>>>>
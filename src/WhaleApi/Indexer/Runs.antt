-- ===== src/WhaleApi/Indexer/Runs.antt =====
-- apps/whale-api/src/module.indexer/rpc.block.provider.ts: `index`, `invalidate`, `cleanup` and
-- `synchronize` keep what the status says of the models.
use jellyfishsdk.Prelude.{
  ℕ, ◌+◌, ◌≡◌, refl, sym, subst, List, Bool, inl, inr, Bool-cases, Option, none, some, Result, ok,
  err, same_text, same_text_refl,
}
use jellyfishsdk.Buffer.Hex.{Text}
use jellyfishsdk.WhaleApi.Indexer.{
  RawBlock, indexing, invalidating, IndexStatus, Run, done, thrown, Indexer, Stored, RpcClient,
  index_all, invalidate_all, on_models, put_raw, main_index, invalidate_found, main_invalidate,
  put_status, settle_index, index, is_not_found, is_out_of_range, settle_invalidate, invalidate,
  needs_cleanup, clean, cleanup, Synced, synced, failed, active, follow_chain, after_hash,
  synchronize,
}
use jellyfishsdk.WhaleApi.Indexer.Recovery.{
  left_by, Touched, untouched, IsClean, whole, undone, IsUndoable, IsSettled, IsToldBy,
  IsRecoverable, IsKept, IsSafe, IsAtRest, IsRecoverable-IsAtRest, IsUndoable-IsClean,
  index_all-Touched, invalidate_all-Touched,
}

-- The database after a call of `synchronize`.
abbrev pub left_by_sync : {X : Type 0} → Synced X → Stored X
left_by_sync (synced more db) = db
left_by_sync (failed e db) = db

module _ {X : Type 0} (indexers : List (Indexer X)) (initial : X)
    (cut_short : RawBlock → X → X → Type 0) where
  index_settled :
      (block : RawBlock) (db : Stored X) (w : Run X)
      → IsClean indexers initial cut_short db.models
      → index_all indexers block db.models ≡ w
      → Touched indexers initial cut_short block db.models (left_by w)
      → IsSafe indexers initial cut_short (
          settle_index block (
            on_models
              (record (put_status block.hash block.height indexing db) {
                raw = put_raw block db.raw;
              })
              w))
  index_settled block db (done y) c e t = (whole block c e, refl)
  index_settled block db (thrown f y) c e t =
      rw (same_text_refl block.hash) (λ kept. (db.models, c, t))

  pub index-IsSafe :
      (block : RawBlock) (db : Stored X)
      → IsClean indexers initial cut_short db.models
      → IsSafe indexers initial cut_short (index indexers block db)
  unfolding index main_index
  index-IsSafe block db c = index_settled block db (index_all indexers block db.models) c refl (
      index_all-Touched indexers initial cut_short indexers block db.models db.models (λ i m. m)
        untouched)

  invalidate_settled :
      (hash : Text) (height : ℕ) (db : Stored X) (block : RawBlock) (w : Run X)
      → db.raw hash ≡ some block
      → (x : X) × IsClean indexers initial cut_short x
        × Touched indexers initial cut_short block x db.models
      → invalidate_all indexers block db.models ≡ w
      → ((x : X)
          → Touched indexers initial cut_short block x db.models
          → Touched indexers initial cut_short block x (left_by w))
      → IsSafe indexers initial cut_short
          (settle_invalidate hash height (on_models (put_status hash height invalidating db) w))
  invalidate_settled hash height db block (done y) s (x, c, t) e more = (undone block c t e, refl)
  invalidate_settled hash height db block (thrown f y) s (x, c, t) e more =
      elim (Bool-cases (is_not_found f)) [
        | inl missing ↦ rw missing (λ kept. cc (kept, s))
        | inr other ↦ rw (other, s) (λ kept. (x, c, more x t))
      ]

  invalidate_found-IsSafe :
      (hash : Text) (height : ℕ) (db : Stored X) (block : Option RawBlock)
      → db.raw hash ≡ block
      → IsUndoable indexers initial cut_short block db.models
      → IsSafe indexers initial cut_short (
          settle_invalidate hash height
            (invalidate_found indexers block (put_status hash height invalidating db)))
  invalidate_found-IsSafe hash height db none e u = λ kept. u
  invalidate_found-IsSafe hash height db (some block) e u =
      invalidate_settled hash height db block (invalidate_all indexers block db.models) e u refl
        (λ x.
          invalidate_all-Touched indexers initial cut_short indexers block x db.models (λ i m. m))

  pub invalidate-IsSafe :
      (hash : Text) (height : ℕ) (db : Stored X)
      → IsUndoable indexers initial cut_short (db.raw hash) db.models
      → IsSafe indexers initial cut_short (invalidate indexers hash height db)
  unfolding invalidate main_invalidate
  invalidate-IsSafe hash height db u = invalidate_found-IsSafe hash height db (db.raw hash) refl u

  clean-IsSafe :
      (db : Stored X) (s : Option IndexStatus)
      → db.status ≡ s
      → IsRecoverable indexers initial cut_short db
      → IsSafe indexers initial cut_short (clean indexers s db)
  clean-IsSafe db none e r = (
    subst (λ o. IsToldBy indexers initial cut_short o db.raw db.models) e r,
    subst IsAtRest (sym e) tt,
  )
  clean-IsSafe db (some s) e r =
      let told = subst (λ o. IsToldBy indexers initial cut_short o db.raw db.models) e r in
      let settled =
        λ (b : Bool). IsSettled indexers initial cut_short b (db.raw s.hash) db.models in
      elim (Bool-cases (needs_cleanup s.status)) [
        | inl t ↦ rw t (invalidate-IsSafe s.hash s.height db (subst settled t told))
        | inr f ↦ rw f (subst settled f told, subst IsAtRest (sym e) f)
      ]

  pub cleanup-IsSafe :
      (db : Stored X)
      → IsRecoverable indexers initial cut_short db
      → IsSafe indexers initial cut_short (cleanup indexers db)
  unfolding cleanup
  cleanup-IsSafe db r = clean-IsSafe db db.status refl r

  active-IsSafe :
      (w : Run (Stored X))
      → IsSafe indexers initial cut_short w
      → IsKept indexers initial cut_short (left_by_sync (active w))
  active-IsSafe (done db) s = λ kept. IsRecoverable-IsAtRest indexers initial cut_short db s.0 s.1
  active-IsSafe (thrown e db) s = s

  follow_chain-IsKept :
      (highest next : RawBlock) (db : Stored X)
      → IsClean indexers initial cut_short db.models
      → IsKept indexers initial cut_short (left_by_sync (follow_chain indexers highest next db))
  unfolding follow_chain
  follow_chain-IsKept highest next db c =
      elim (Bool-cases (same_text highest.hash next.previousblockhash)) [
        | inl e ↦ rw e (active-IsSafe (index indexers next db) (index-IsSafe next db c))
        | inr e ↦ rw e (
            active-IsSafe (invalidate indexers highest.hash highest.height db) (
              invalidate-IsSafe highest.hash highest.height db
                (IsUndoable-IsClean indexers initial cut_short (db.raw highest.hash) c)))
      ]

  after_hash-IsKept :
      (client : RpcClient) (highest : RawBlock) (hash : Result Text) (db : Stored X)
      → IsClean indexers initial cut_short db.models
      → IsRecoverable indexers initial cut_short db
      → IsKept indexers initial cut_short
          (left_by_sync (after_hash indexers client highest hash db))
  unfolding after_hash
  after_hash-IsKept client highest (err e) db c r = elim (Bool-cases (is_out_of_range e)) [
    | inl t ↦ rw t (λ kept. r)
    | inr f ↦ rw f (λ kept. r)
  ]
  after_hash-IsKept client highest (ok hash) db c r = after (client.get_block hash)
    where
      after :
          (block : Result RawBlock)
          → IsKept indexers initial cut_short (
              left_by_sync (elim block [
                | err e ↦ failed e db
                | ok next ↦ follow_chain indexers highest next db
              ]))
      after (err e) = λ kept. r
      after (ok next) = follow_chain-IsKept highest next db c

  -- A round that goes on from a block.
  pub synchronize-IsKept :
      (highest : X → Option RawBlock) (client : RpcClient) (block : RawBlock) (db : Stored X)
      → highest db.models ≡ some block
      → IsClean indexers initial cut_short db.models
      → IsRecoverable indexers initial cut_short db
      → IsKept indexers initial cut_short (left_by_sync (synchronize indexers highest client db))
  unfolding synchronize
  synchronize-IsKept highest client block db e c r =
      rw (e, synchronize)
        (after_hash-IsKept client block (client.get_block_hash (block.height + 1)) db c r)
<<<<
■ TASK BRIEF
What you return should be exactly the lines above, starting at the one with "(highest next : RawBlock)" and ending at the one with "unfolding follow_chain", and nothing else.

■ ANSWER BELOW
      (highest next : RawBlock) (db : Stored X)
      → IsClean indexers initial cut_short db.models
      → IsKept indexers initial cut_short (left_by_sync (follow_chain indexers highest next db))
  unfolding follow_chain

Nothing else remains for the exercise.